Deasey nodded. "Fair enough," he said. He went to a glass-fronted lawyer's bookcase, stocked with a copy of every pulp magazine in which one of his novels had appeared, each bound in fine morocco and stamped soberly in gold characters racy policeman or racy ace, with the issue number and date of publication and, beneath these, the uniform legend complete works of george deasey. [5] He stepped back and studied the books with, it seemed to Joe, a certain air of regret, though for what, exactly, Joe could not have said. "For what it's worth, here's the warning now. Or call it advice, if you like. You boys were powerless when you signed that contract last year. You aren't quite so powerless anymore. You've had a good run. You've come up with some good ideas that have sold well. You've begun to make a name for yourselves. Now, we could debate the merits of making a name for yourselves in a third-rate industry by cranking out nonsense for numbskulls, but what isn't in doubt is that there's money to be found in this game right now, and you two have shown a knack for dowsing it. Anapol knows it. He knows that, if you wanted to, you could probably walk over to Donenfeld or Arnold or Goodman and write yourself a much better deal to dream up nonsense over there. So that's my warning: stop handing this crap over to Anapol as if you owed it to him."

"Make him pay for it from now on. Make him give us a piece," Sammy said.
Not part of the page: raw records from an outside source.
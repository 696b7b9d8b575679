-- ===== src/Makefs.antt =====
-- The user-space program `mkfs` of makefs/, which writes a fresh file system to a disk image.
pub mod Bitmap
pub mod Region
pub mod Layout
pub mod Disk
pub mod Init
pub mod Format
pub mod Tests
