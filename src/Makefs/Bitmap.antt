-- ===== src/Makefs/Bitmap.antt =====
-- makefs/bitmap.c and makefs/bitmap.h: bitmaps of 64-bit words.
-- A map is the list of its words, and a pointer into it is the list of the words from there on. A
-- read or a write behind the last word is `none`.
pub mod Ffs
pub mod Masks
pub mod Search
pub mod NextLoop
pub mod NextBit
pub mod ZeroBit
use Prim.Native.Nat.{bit_and, bit_or}
use gas_filesystem.Base.{
  ℕ, zero, suc, ◌+◌, ◌-◌, ◌*◌, ◌/◌, ◌%◌, ◌^◌, Option, none, some, List, [], ◌∷◌, ◌==◌, leb, ltb,
  Bool, if◌then◌else◌, not,
}

-- `BITS_PER_LONG`
abbrev pub bits_per_long : ℕ
bits_per_long = 64

-- `~0UL`
abbrev pub all_ones : ℕ
all_ones = 2 ^ 64 - 1

-- `~x`
abbrev pub not_64 : ℕ → ℕ
not_64 x = all_ones - x

-- `x << k`, `x >> k` and `a + b` of `uint64_t`
abbrev pub shl_64 : ℕ → ℕ → ℕ
shl_64 x k = (x * 2 ^ k) % 2 ^ 64

abbrev pub shr_64 : ℕ → ℕ → ℕ
shr_64 x k = x / 2 ^ k

abbrev pub add_64 : ℕ → ℕ → ℕ
add_64 a b = (a + b) % 2 ^ 64

-- `map + k`, `none` beyond one past the end
unfoldable pub advance : ℕ → List ℕ → Option (List ℕ)
advance zero ws = some ws
advance (suc k) [] = none
advance (suc k) (w ∷ ws) = advance k ws

-- One stage of `__ffs`: skip `k` clear bits.
unfoldable pub ffs_stage : ℕ → ℕ × ℕ → ℕ × ℕ
ffs_stage k (word, num) =
    if bit_and word (2 ^ k - 1) == 0 then (shr_64 word k, num + k) else (word, num)

unfoldable pub ffs : ℕ → ℕ
unfolding ffs_stage
ffs word =
    let (word', num) =
      ffs_stage 2 (ffs_stage 4 (ffs_stage 8 (ffs_stage 16 (ffs_stage 32 (word, 0))))) in
    if bit_and word' 0x1 == 0 then num + 1 else num

-- `offset & ~(BITS_PER_LONG - 1)`
abbrev pub align_down : ℕ → ℕ
align_down offset = bit_and offset (not_64 (bits_per_long - 1))

-- The labels `found_middle` and `found_first` of `find_next_bit`
unfoldable pub found_middle : ℕ → ℕ → ℕ
found_middle result tmp = add_64 result (ffs tmp)

unfoldable pub found_first : ℕ → ℕ → ℕ → ℕ
unfolding found_middle
found_first result size tmp =
    let tmp' = bit_and tmp (shr_64 all_ones (bits_per_long - size)) in
    if tmp' == 0 then add_64 result size else found_middle result tmp'

-- The `while` loop of `find_next_bit` and what follows it; the list is what `p` points to.
unfoldable pub next_bit_loop : List ℕ → ℕ → ℕ → Option ℕ
unfolding found_middle found_first
next_bit_loop [] result size =
    if align_down size == 0 then (if size == 0 then some result else none) else none
next_bit_loop (tmp ∷ p) result size =
    let rest = next_bit_loop p (add_64 result bits_per_long) (size - bits_per_long) in
    if align_down size == 0
    then (if size == 0 then some result else some (found_first result size tmp))
    else if tmp == 0
    then rest
    else some (found_middle result tmp)

-- The part of `find_next_bit` under `if (offset)`, for `offset` in the middle of a word
unfoldable pub next_bit_inside : List ℕ → ℕ → ℕ → ℕ → Option ℕ
unfolding found_middle found_first next_bit_loop
next_bit_inside [] result size offset = none
next_bit_inside (w ∷ p) result size offset =
    let tmp = bit_and w (shl_64 all_ones offset) in
    if ltb size bits_per_long
    then some (found_first result size tmp)
    else if tmp == 0
    then next_bit_loop p (add_64 result bits_per_long) (size - bits_per_long)
    else some (found_middle result tmp)

unfoldable pub find_next_bit : List ℕ → ℕ → ℕ → Option ℕ
unfolding advance next_bit_inside next_bit_loop
find_next_bit addr size offset =
    if leb size offset then some size else elim (advance (offset / bits_per_long) addr) [
      | none ↦ none
      | some p ↦
          let result = align_down offset in
          if offset % bits_per_long == 0
          then next_bit_loop p result (size - result)
          else next_bit_inside p result (size - result) (offset % bits_per_long)
    ]

-- The labels of `find_next_zero_bit`; `ffz x` is `__ffs(~x)`.
unfoldable pub zero_found_middle : ℕ → ℕ → ℕ
zero_found_middle result tmp = add_64 result (ffs (not_64 tmp))

unfoldable pub zero_found_first : ℕ → ℕ → ℕ → ℕ
unfolding zero_found_middle
zero_found_first result size tmp =
    let tmp' = bit_or tmp (shl_64 all_ones size) in
    if tmp' == all_ones then add_64 result size else zero_found_middle result tmp'

unfoldable pub next_zero_bit_loop : List ℕ → ℕ → ℕ → Option ℕ
unfolding zero_found_middle zero_found_first
next_zero_bit_loop [] result size =
    if align_down size == 0 then (if size == 0 then some result else none) else none
next_zero_bit_loop (tmp ∷ p) result size =
    let rest = next_zero_bit_loop p (add_64 result bits_per_long) (size - bits_per_long) in
    if align_down size == 0
    then (if size == 0 then some result else some (zero_found_first result size tmp))
    else if not_64 tmp == 0
    then rest
    else some (zero_found_middle result tmp)

unfoldable pub next_zero_bit_inside : List ℕ → ℕ → ℕ → ℕ → Option ℕ
unfolding zero_found_middle zero_found_first next_zero_bit_loop
next_zero_bit_inside [] result size offset = none
next_zero_bit_inside (w ∷ p) result size offset =
    let tmp = bit_or w (shr_64 all_ones (bits_per_long - offset)) in
    if ltb size bits_per_long
    then some (zero_found_first result size tmp)
    else if not_64 tmp == 0
    then next_zero_bit_loop p (add_64 result bits_per_long) (size - bits_per_long)
    else some (zero_found_middle result tmp)

unfoldable pub find_next_zero_bit : List ℕ → ℕ → ℕ → Option ℕ
unfolding advance next_zero_bit_inside next_zero_bit_loop
find_next_zero_bit addr size offset =
    if leb size offset then some size else elim (advance (offset / bits_per_long) addr) [
      | none ↦ none
      | some p ↦
          let result = align_down offset in
          if offset % bits_per_long == 0
          then next_zero_bit_loop p result (size - result)
          else next_zero_bit_inside p result (size - result) (offset % bits_per_long)
    ]
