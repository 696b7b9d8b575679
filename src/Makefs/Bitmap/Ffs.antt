-- ===== src/Makefs/Bitmap/Ffs.antt =====
-- makefs/bitmap.c: `__ffs`, stage by stage
use Prim.Native.Nat.{bit_and}
use native.Mathlib.Nat.{mod-lt, one-le-pow}
use gas_filesystem.Base.{
  ℕ, zero, suc, ◌+◌, ◌-◌, ◌%◌, ◌^◌, ◌≤◌, ◌<◌, ◌≡◌, sym, ◌∙◌, ◌≢◌, inl, inr, true, false, ◌==◌,
  if◌then◌else◌, arith, Bool-cases, ltb, ltb→le, ◌↔◌, ap, ==→eq, ==→ne, ltb→lt,
}
use gas_filesystem.Base.Bits.{
  test_bit, test_bit-mod, test_bit-shr, test_bit-zero, and-mask, eq_zero_of_bits, same_bit,
}
use gas_filesystem.Makefs.Bitmap.{ffs_stage, ffs, shr_64}

-- Bits below `k` are all clear.
abbrev Clear : ℕ → ℕ → Type 0
Clear k w = (i : ℕ) → i < k → test_bit w i ≡ false

-- What the stages keep: `num` clear bits of the word were skipped, and of the next `k` one is set.
record Skipped (word k : ℕ) (s : ℕ × ℕ) : Type 0 where
  same : (i : ℕ) → test_bit s.0 i ≡ test_bit word (i + s.1)
  below : Clear s.1 word
  left : s.1 + k ≤ 64
  some_set : ¬ Clear k s.0

Clear-iff_mod : (k w : ℕ) → (w % 2 ^ k ≡ 0) ↔ Clear k w
Clear-iff_mod k w = (to, from)
  where
    to : w % 2 ^ k ≡ 0 → Clear k w
    to e i h = ground (arith, test_bit-mod w k i, same_bit (w % 2 ^ k) 0 i e, test_bit-zero i)

    from : Clear k w → w % 2 ^ k ≡ 0
    from clear =
        eq_zero_of_bits k (w % 2 ^ k) (mod-lt w (one-le-pow k 2 (omega arith)))
          λ i h. ground (arith, test_bit-mod w k i, clear i h)

-- One stage halves the window that holds a set bit.
stage-Skipped : (word k : ℕ) (s : ℕ × ℕ) → Skipped word (k + k) s → Skipped word k (ffs_stage k s)
unfolding ffs_stage
stage-Skipped word k (w, num) v = elim (Bool-cases (bit_and w (2 ^ k - 1) == 0)) [
  | inl skip ↦
      let low : Clear k w = (Clear-iff_mod k w).0 (sym (and-mask k w) ∙ ==→eq _ 0 skip) in
      rw skip (record {
        same = λ i. test_bit-shr w k i ∙ (v.same (i + k) ∙ ap (test_bit word) (omega arith));
        below = λ i h. below_shift low i h;
        left = omega (arith, v.left);
        some_set = λ clear. v.some_set λ i h. elim (Bool-cases (ltb i k)) [
          | inl lt ↦ low i (ltb→lt i k lt)
          | inr ge ↦ shifted clear i h (ltb→le i k ge)
        ];
      })
  | inr stay ↦ rw stay (record {
    same = v.same;
    below = v.below;
    left = omega (arith, v.left);
    some_set = λ clear. ==→ne _ 0 stay (and-mask k w ∙ (Clear-iff_mod k w).1 clear);
  })
]
  where
    below_shift : Clear k w → (i : ℕ) → i < num + k → test_bit word i ≡ false
    below_shift low i h = elim (Bool-cases (ltb i num)) [
      | inl lt ↦ v.below i (ltb→lt i num lt)
      | inr ge ↦
          let le : num ≤ i = ltb→le i num ge in
          let back : i - num + num ≡ i = omega arith in
          sym (v.same (i - num) ∙ ap (test_bit word) back) ∙ low (i - num) (omega arith)
    ]

    shifted : Clear k (shr_64 w k) → (i : ℕ) → i < k + k → k ≤ i → test_bit w i ≡ false
    shifted clear i h le =
        let back : i - k + k ≡ i = omega arith in
        sym (test_bit-shr w k (i - k) ∙ ap (test_bit w) back) ∙ clear (i - k) (omega arith)

-- What `__ffs` promises of its result.
pub record IsLowest (word r : ℕ) : Type 0 where
  pub small : r < 64
  pub hit : test_bit word r ≡ true
  pub below : (i : ℕ) → i < r → test_bit word i ≡ false

Skipped-IsLowest : (word : ℕ) (s : ℕ × ℕ) → Skipped word 1 s → IsLowest word s.1
Skipped-IsLowest word (w, num) v = record {
  small = omega (arith, v.left);
  hit = elim (Bool-cases (test_bit word num)) [
    | inl set ↦ set
    | inr unset ↦ absurd (v.some_set (only unset))
  ];
  below = v.below;
}
  where
    only : test_bit word num ≡ false → Clear 1 w
    only unset zero h = v.same 0 ∙ (ap (test_bit word) (omega arith) ∙ unset)
    only unset (suc i) h = absurd (omega arith)

last-IsLowest :
    (word : ℕ) (s : ℕ × ℕ)
    → Skipped word 2 s
    → IsLowest word (if bit_and s.0 0x1 == 0 then s.1 + 1 else s.1)
unfolding ffs_stage
last-IsLowest word (w, num) v =
    rw same_count (Skipped-IsLowest word _ (stage-Skipped word 1 (w, num) v))
  where
    same_count : (if bit_and w 0x1 == 0 then num + 1 else num) ≡ (ffs_stage 1 (w, num)).1
    same_count = ground arith

-- For a 64-bit word other than 0, `__ffs` returns the number of its lowest set bit.
pub ffs-IsLowest : (word : ℕ) → word < 2 ^ 64 → word ≢ 0 → IsLowest word (ffs word)
unfolding ffs
ffs-IsLowest word small nonzero = last-IsLowest word _ (
    stage-Skipped word 2 _ (
      stage-Skipped word 4 _
        (stage-Skipped word 8 _ (stage-Skipped word 16 _ (stage-Skipped word 32 (word, 0) start)))))
  where
    start : Skipped word 64 (word, 0)
    start = record {
      same = λ i. ap (test_bit word) (omega arith);
      below = λ i h. absurd (omega arith);
      left = omega arith;
      some_set = λ clear. nonzero (eq_zero_of_bits 64 word small clear);
    }
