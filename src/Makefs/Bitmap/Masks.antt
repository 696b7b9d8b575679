-- ===== src/Makefs/Bitmap/Masks.antt =====
-- The masks of makefs/bitmap.c, bit by bit.
use Prim.Native.Nat.{bit_and, bit_or}
use gas_filesystem.Base.{
  ℕ, ◌+◌, ◌-◌, ◌*◌, ◌/◌, ◌%◌, ◌^◌, ◌≤◌, ◌<◌, ◌≡◌, ◌∙◌, arith, ltb, leb, ◌&&◌, not,
}
use gas_filesystem.Base.Bits.{
  test_bit, test_bit-mod, test_bit-shr, test_bit-shl, test_bit-and, test_bit-or, test_bit-not,
  test_bit-zero, bits_ext, and-lt, or-lt, and_digit, and-mask,
}
use native.Mathlib.Nat.{div-le_self}
use gas_filesystem.Makefs.Bitmap.{not_64, all_ones, shl_64, shr_64, align_down}

pub test_bit-not_64 :
    (x i : ℕ) → x < 2 ^ 64 → test_bit (not_64 x) i ≡ (ltb i 64 && not (test_bit x i))
test_bit-not_64 x i h = test_bit-not 64 x i h

pub test_bit-all_ones : (i : ℕ) → test_bit all_ones i ≡ ltb i 64
test_bit-all_ones i = test_bit-not 64 0 i (omega arith) ∙ ground (arith, test_bit-zero i)

-- `~0UL << k` has the bits from `k` on.
pub test_bit-high : (k i : ℕ) → test_bit (shl_64 all_ones k) i ≡ (ltb i 64 && leb k i)
test_bit-high k i =
    test_bit-mod (all_ones * 2 ^ k) 64 i
    ∙ ground (arith, test_bit-shl all_ones k i, test_bit-all_ones (i - k))

-- `~0UL >> (64 - k)` has the bits below `k`.
pub test_bit-low : (k i : ℕ) → k ≤ 64 → test_bit (shr_64 all_ones (64 - k)) i ≡ ltb i k
test_bit-low k i h =
    test_bit-shr all_ones (64 - k) i ∙ ground (arith, test_bit-all_ones (i + (64 - k)))

-- `x & ~63` rounds down to a multiple of 64.
pub align_down_lem : (x : ℕ) → x < 2 ^ 64 → align_down x + x % 64 ≡ x
align_down_lem x h = omega (
  arith,
  and_digit x (2 ^ 64 - 64),
  and_digit (x / 2) (2 ^ 63 - 32),
  and_digit (x / 2 / 2) (2 ^ 62 - 16),
  and_digit (x / 2 / 2 / 2) (2 ^ 61 - 8),
  and_digit (x / 2 / 2 / 2 / 2) (2 ^ 60 - 4),
  and_digit (x / 2 / 2 / 2 / 2 / 2) (2 ^ 59 - 2),
  and-mask 58 (x / 2 / 2 / 2 / 2 / 2 / 2),
)

-- De Morgan's laws for the two kinds of search
pub not-or_high :
    (w k : ℕ)
    → k ≤ 64
    → w < 2 ^ 64
    → not_64 (bit_or w (shl_64 all_ones k)) ≡ bit_and (not_64 w) (shr_64 all_ones (64 - k))
not-or_high w k small h = bits_ext 64 _ _ (omega arith) (and-lt 64 _ _ (omega arith)) λ i p.
    ground (
      arith,
      test_bit-not_64 (bit_or w (shl_64 all_ones k)) i (or-lt 64 _ _ h (omega arith)),
      test_bit-or w (shl_64 all_ones k) i,
      test_bit-high k i,
      test_bit-and (not_64 w) (shr_64 all_ones (64 - k)) i,
      test_bit-not_64 w i h,
      test_bit-low k i small,
    )

pub shr_lt : (k : ℕ) → shr_64 all_ones k < 2 ^ 64
shr_lt k = omega (arith, div-le_self all_ones (2 ^ k))

pub not-or_low :
    (w k : ℕ)
    → k ≤ 64
    → w < 2 ^ 64
    → not_64 (bit_or w (shr_64 all_ones (64 - k))) ≡ bit_and (not_64 w) (shl_64 all_ones k)
not-or_low w k small h = bits_ext 64 _ _ (omega arith) (and-lt 64 _ _ (omega arith)) λ i p. ground (
  arith,
  test_bit-not_64 (bit_or w (shr_64 all_ones (64 - k))) i (or-lt 64 _ _ h (shr_lt (64 - k))),
  test_bit-or w (shr_64 all_ones (64 - k)) i,
  test_bit-low k i small,
  test_bit-and (not_64 w) (shl_64 all_ones k) i,
  test_bit-not_64 w i h,
  test_bit-high k i,
)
"You didn't hear it from me."

"But in the meantime-"

"You are screwed, gentlemen." He consulted his pocket watch. "Now get out. I have duds of my own to secrete about the premises before I-" He broke off and looked at Joe, then stared down at his watch as if trying to make up his mind about something. When he looked up again, his face had twisted in a false, almost sickeningly cheery, rictus. "The hell with it," he said. "I need a drink. Mr. Clay-"

вернуться

[5] This legendary library of self-mortification was lost, and widely considered apocryphal, until 1993, when one of its volumes, Racy Attorney #23, turned up at an IKEA store in Elizabeth, New Jersey, where it was mutely serving as a dignified-looking stage property on a floor-model "Hjorp" wall unit. It is signed by the author and bears the probably spurious but fascinating inscription To my pal Dick Nixon.